** Task input follows **

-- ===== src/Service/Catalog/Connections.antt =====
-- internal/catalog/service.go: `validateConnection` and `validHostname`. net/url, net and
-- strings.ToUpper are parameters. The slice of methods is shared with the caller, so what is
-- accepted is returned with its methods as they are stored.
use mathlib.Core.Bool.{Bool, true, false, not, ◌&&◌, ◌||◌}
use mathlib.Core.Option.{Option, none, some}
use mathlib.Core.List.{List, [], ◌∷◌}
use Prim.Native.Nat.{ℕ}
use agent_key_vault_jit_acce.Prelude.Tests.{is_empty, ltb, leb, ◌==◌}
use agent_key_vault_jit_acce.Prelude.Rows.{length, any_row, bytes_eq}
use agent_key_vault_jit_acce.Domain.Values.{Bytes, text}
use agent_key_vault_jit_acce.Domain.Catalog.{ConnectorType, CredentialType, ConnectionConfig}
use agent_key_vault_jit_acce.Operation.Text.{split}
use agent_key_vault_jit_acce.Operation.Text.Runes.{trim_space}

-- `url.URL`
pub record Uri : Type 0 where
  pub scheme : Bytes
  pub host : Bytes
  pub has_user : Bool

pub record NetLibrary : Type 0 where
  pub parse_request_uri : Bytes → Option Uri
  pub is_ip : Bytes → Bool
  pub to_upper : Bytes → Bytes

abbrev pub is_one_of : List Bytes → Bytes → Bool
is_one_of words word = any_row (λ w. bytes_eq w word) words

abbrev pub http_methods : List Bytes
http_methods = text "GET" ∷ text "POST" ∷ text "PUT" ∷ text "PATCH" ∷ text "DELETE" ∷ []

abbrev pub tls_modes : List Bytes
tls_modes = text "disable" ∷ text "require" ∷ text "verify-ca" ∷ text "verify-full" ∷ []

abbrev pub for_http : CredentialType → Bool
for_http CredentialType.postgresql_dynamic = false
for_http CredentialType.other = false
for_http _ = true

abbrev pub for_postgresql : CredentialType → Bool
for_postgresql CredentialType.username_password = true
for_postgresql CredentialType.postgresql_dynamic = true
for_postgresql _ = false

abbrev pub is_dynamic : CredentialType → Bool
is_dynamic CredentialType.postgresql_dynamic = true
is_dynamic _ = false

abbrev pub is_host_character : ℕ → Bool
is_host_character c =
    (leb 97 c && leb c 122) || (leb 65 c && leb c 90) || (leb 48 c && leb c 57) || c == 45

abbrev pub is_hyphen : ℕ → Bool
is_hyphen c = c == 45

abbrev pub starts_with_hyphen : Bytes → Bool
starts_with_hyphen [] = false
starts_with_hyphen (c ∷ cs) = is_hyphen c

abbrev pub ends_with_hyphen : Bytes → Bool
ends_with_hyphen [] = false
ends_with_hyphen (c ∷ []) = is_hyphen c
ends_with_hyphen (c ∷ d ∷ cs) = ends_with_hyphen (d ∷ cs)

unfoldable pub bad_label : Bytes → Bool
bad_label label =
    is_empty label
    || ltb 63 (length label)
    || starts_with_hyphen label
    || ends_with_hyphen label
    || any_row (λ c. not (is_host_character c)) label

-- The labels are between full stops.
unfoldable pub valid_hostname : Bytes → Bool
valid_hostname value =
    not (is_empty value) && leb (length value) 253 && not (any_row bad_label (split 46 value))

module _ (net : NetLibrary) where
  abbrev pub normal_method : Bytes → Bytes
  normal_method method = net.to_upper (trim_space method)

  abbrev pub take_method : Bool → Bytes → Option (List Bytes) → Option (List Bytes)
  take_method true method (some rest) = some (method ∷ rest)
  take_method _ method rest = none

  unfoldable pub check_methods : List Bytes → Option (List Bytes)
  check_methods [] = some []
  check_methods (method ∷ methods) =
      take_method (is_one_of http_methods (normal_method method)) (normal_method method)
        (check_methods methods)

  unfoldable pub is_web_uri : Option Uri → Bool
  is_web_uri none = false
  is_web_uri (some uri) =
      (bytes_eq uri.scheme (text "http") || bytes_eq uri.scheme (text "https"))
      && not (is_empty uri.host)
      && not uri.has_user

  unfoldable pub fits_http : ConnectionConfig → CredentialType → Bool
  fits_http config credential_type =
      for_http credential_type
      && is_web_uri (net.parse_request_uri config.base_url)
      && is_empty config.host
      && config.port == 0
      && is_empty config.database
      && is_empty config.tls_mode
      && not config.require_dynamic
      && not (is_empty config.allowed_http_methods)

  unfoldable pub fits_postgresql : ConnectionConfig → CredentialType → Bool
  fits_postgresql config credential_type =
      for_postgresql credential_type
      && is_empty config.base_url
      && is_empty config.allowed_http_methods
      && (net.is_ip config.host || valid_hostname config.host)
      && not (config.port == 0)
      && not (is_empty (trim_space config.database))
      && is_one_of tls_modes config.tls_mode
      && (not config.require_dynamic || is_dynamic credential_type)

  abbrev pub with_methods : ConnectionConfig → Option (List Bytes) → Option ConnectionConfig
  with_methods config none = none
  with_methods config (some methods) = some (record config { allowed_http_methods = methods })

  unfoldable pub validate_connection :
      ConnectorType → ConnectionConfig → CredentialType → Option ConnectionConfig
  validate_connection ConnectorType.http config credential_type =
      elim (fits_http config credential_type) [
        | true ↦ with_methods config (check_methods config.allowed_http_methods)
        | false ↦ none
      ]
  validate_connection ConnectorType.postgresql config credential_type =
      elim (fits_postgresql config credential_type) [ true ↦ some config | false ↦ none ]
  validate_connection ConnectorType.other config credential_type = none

** End of Task input **

## What the exercise asks:
Check each line in the entries above for the string "split", then give the number of matching lines alone.

## Written answer:
2